Incidentally, the one issue that genuinely improved the performance of the SLR was a sight called the SUIT, sight, unit, infantry, trilux - which is best described a primitive SUSAT - the scope fitted to the infantry versions of the SA80. That really did improve shooting with the old SLR - she was a sturdy, reliable old girl with a very well made 9 inch bayonet.
I first saw the SA80 in 1988 and fired it, in iron sights mode. I don‘t remember being very impressed and it gave the appearance of something a bit cheap and nasty. By the time my unit got it a few years later, a lot of problems had been ironed out, chief among these, the magazine release catch, the top-cover, and the locking pins - and the weapon drills themselves. The weapon is held together by a series of locking pins made out of hardened steel. While on a course at the School of Infantry in Warminster, I remember a WO2 from the Small Arms Corps (**** and Shovel Corps) telling us that the manufacturer Royal Ordnance had decided to make the first production batch of rifles with the locking bolts made from mild steel. This problem came to light when squaddies‘s weapons would fall apart if they fell out the back of a four tonner. So the Small Arms Corps had said, "Oi, C*****s, put the hardened pins back!"
I must have fired about seven or eight hundred rounds during the conversion packaage down in the range complexes at Lydd and Hythe in Kent - whose ranges date back to Elizabethean times. The SA80 performed well with hardly any stoppages, it was accurate and you could carry far more of the 5.56 mm ammunition.
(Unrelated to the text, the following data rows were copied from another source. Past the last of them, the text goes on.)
-- ===== src/Store.antt =====
-- internal/config/config.go: `Load`, `Save` and `Init`, which keep the configuration in a file.
pub mod Laws
pub mod Loads
pub mod Sample
mod Tests
use las.Prelude.{String, Bool, List, [], ◌∷◌, ◌<>◌, ◌≡◌, Option, none, some}
use las.Errors.{Error, str, Result, ok, err, Check}
use las.Fmt.{sprintf}
use las.Os.{Os, Outcome, done, failed, after}
use las.Config.{Config, default_config}
use las.Validate.{validate}

-- What a look at a path gives. Go tells the second from the third by `errors.Is(err,
-- os.ErrNotExist)`.
pub data Look (A : Type 0) : Type 0 where
  found : A → Look A
  absent : String → Look A
  unreadable : String → Look A

-- `os.ReadFile` and `os.Stat`, with the texts of their errors.
pub record Disk (os : Os) : Type 0 where
  pub read : String → os.State → Look String
  pub stat : String → os.State → Look (Unit {0})

-- Documented behaviour of the two: they tell what is at the path, or fail in another way than by its
-- absence.
pub record IsFaithful (os : Os) (disk : Disk os) : Type 0 where
  pub read-found :
      (path : String) (s : os.State) {text : String}
      → disk.read path s ≡ found text
      → os.content s path ≡ some text
  pub read-absent :
      (path : String) (s : os.State) {e : String}
      → disk.read path s ≡ absent e
      → os.content s path ≡ none
  pub stat-absent :
      (path : String) (s : os.State) {e : String}
      → disk.stat path s ≡ absent e
      → os.content s path ≡ none

-- encoding/json for the configuration: `json.MarshalIndent`, `json.Unmarshal` into a new value, and
-- `json.NewDecoder(…).Decode`, which reads the first value of a text.
pub record Json : Type 0 where
  pub encode : Config → Outcome String
  pub decode : String → Outcome Config
  pub decode_first : String → Outcome Config

-- The encoding of the configuration is decoded as it again, with a line end behind it.
abbrev pub ReadsBack : Json → Config → Type 0
ReadsBack json c = (text : String) → json.encode c ≡ done text → json.decode (text <> "\n") ≡ done c

-- That holds of every configuration that comes out of a text.
abbrev pub RoundTrips : Json → Type 0
RoundTrips json = (body : String) (c : Config) → json.decode_first body ≡ done c → ReadsBack json c

-- An `error`: the one of a missing file, one with a text, or one of the checks.
pub data Failure : Type 0 where
  not_found : String → Failure
  system : String → Failure
  invalid : Error → Failure

-- A value or an error.
pub data Attempt (A : Type 0) : Type 0 where
  gives : A → Attempt A
  fails : Failure → Attempt A

-- `return cfg, cfg.Validate()`
unfoldable checked_by : Config → Check → Attempt Config
checked_by c (ok _) = gives c
checked_by c (err e) = fails (invalid e)

unfoldable pub checked : Config → Attempt Config
unfolding checked_by
checked c = checked_by c (validate c)

abbrev wrapped : String → String → String
wrapped format e = sprintf format (str e ∷ [])

unfoldable decoded : Outcome Config → Attempt Config
decoded (failed e) = fails (system (wrapped "decode config: %w" e))
decoded (done c) = checked c

unfoldable loaded : Json → Look String → Attempt Config
unfolding decoded
loaded json (absent e) = fails (not_found e)
loaded json (unreadable e) = fails (system e)
loaded json (found text) = decoded (json.decode text)

module _ (os : Os) where
  -- `Save` from `tmpName := tmp.Name()` on. The deferred removal is made on every way out.
  unfoldable pub fill : String → String → String → os.State → os.State × Outcome (Unit {0})
  fill name path text s =
      after (os.write name text s)
        (λ e s.
          ((os.remove name (os.close name s).0).0, failed (wrapped "write temp config: %w" e)))
        λ _ s.
          after (os.chmod name "600" s)
            (λ e s.
              ((os.remove name (os.close name s).0).0, failed (wrapped "chmod temp config: %w" e)))
            λ _ s.
              after (os.close name s)
                (λ e s. ((os.remove name s).0, failed (wrapped "close temp config: %w" e)))
                λ _ s.
                  after (os.rename name path s)
                    (λ e s. ((os.remove name s).0, failed (wrapped "replace config: %w" e)))
                    λ _ s. ((os.remove name s).0, done tt)

  -- `Save` behind the encoding.
  unfoldable pub replace : String → String → os.State → os.State × Outcome (Unit {0})
  replace path text s =
      after (os.mkdir_all path s) (λ e s. (s, failed (wrapped "create config dir: %w" e)))
        λ _ s.
          after (os.create_temp path s) (λ e s. (s, failed (wrapped "create temp config: %w" e)))
            λ name s. fill name path text s

  -- The result of `Save` from the one of its second part.
  unfoldable pub attempt : os.State × Outcome (Unit {0}) → os.State × Attempt (Unit {0})
  attempt (s, done _) = (s, gives tt)
  attempt (s, failed e) = (s, fails (system e))

  unfoldable pub save_encoded : String → Outcome String → os.State → os.State × Attempt (Unit {0})
  save_encoded path (failed e) s = (s, fails (system (wrapped "encode config: %w" e)))
  save_encoded path (done text) s = attempt (replace path (text <> "\n") s)

  module _ (json : Json) where
    unfoldable pub save_checked : String → Config → Check → os.State → os.State × Attempt (Unit {0})
    save_checked path c (err e) s = (s, fails (invalid e))
    save_checked path c (ok _) s = save_encoded path (json.encode c) s

    unfoldable pub save : String → Config → os.State → os.State × Attempt (Unit {0})
    save path c s = save_checked path c (validate c) s

    module _ (disk : Disk os) where
      unfoldable pub load : String → os.State → Attempt Config
      unfolding loaded
      load path s = loaded json (disk.read path s)

      unfoldable pub init_at : String → Look (Unit {0}) → os.State → os.State × Attempt (Unit {0})
      init_at path (found _) s = (s, fails (system (wrapped "%s already exists" path)))
      init_at path (unreadable e) s = (s, fails (system e))
      init_at path (absent e) s = save path default_config s

      unfoldable pub init : String → os.State → os.State × Attempt (Unit {0})
      init path s = init_at path (disk.stat path s) s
Over the next few years, I carried the weapon in difficult and demanding environments where it generally performed well, both in live firing and blank firing mode. More modifications were made and our REME fitters gradually got the problems sorted, lots of better quality plastic was used, steel plates inserted in the butt plate and so forth. It was never Gucci but it was far from the ‘dog‘ it was made out to be. The real problem was the LSW, the light support weapon. Infantrymen from the 80s or before never really understood it, we had been used to working with the awesome firepower of the 7.62mm GPMGs ‘gimpies‘. Even at platoon level we could lay down serious volumes of fire. The GPMG was retained in the SF ‘sustained fire‘ role in Support Company. Ironically, the GPMG is a bit light for SF, a role better adopted by the Browning .50. Each platoon now had three sections split into two fire teams each with an LSW. They were basically heavy barrelled SA80s with a bipod and the same size mag. A crap weapon in the LMG role but a good weapon up to 800m with sniper like firing qualities. Incidentally, the SA80 was a far better weapon in FIBUA (Fighting in built-up areas) due to its short size and full automatic capability. In the final analysis, the SA80 was OK, to those who used it, it always felt a better weapon than its armchair critics made out. I can‘t speak of its performance in the desert except to say it was built to be used in Europe like most of our kit. The Minimi is now being brought into the British infantry at fire team level and the new orbat will be one SA80 rifleman, one LSW, one LMG and one SA80 with 40mm grenade launcher. That works for me. The SA80/LSW has now been upgraded to A-2 standard with new barrels, magazines, cocking handles etc and by all accounts is a good bit of kit. I don‘t know I never used it - I can only comment on personal experience. The problem with the SA80 debate is that a lot of people - who know nothing of the weapon - decided to talk bollocks about it. A Happy New Year to our Canadian mates - all the best for 2004.


----------



## onecat (4 Jan 2004)

Hey RetiredBrit.

Thanks for input on SA-80 from someone who used it.  Its very hard to people here in Canada or the US who like it or give any credit, so its good to know its getting better.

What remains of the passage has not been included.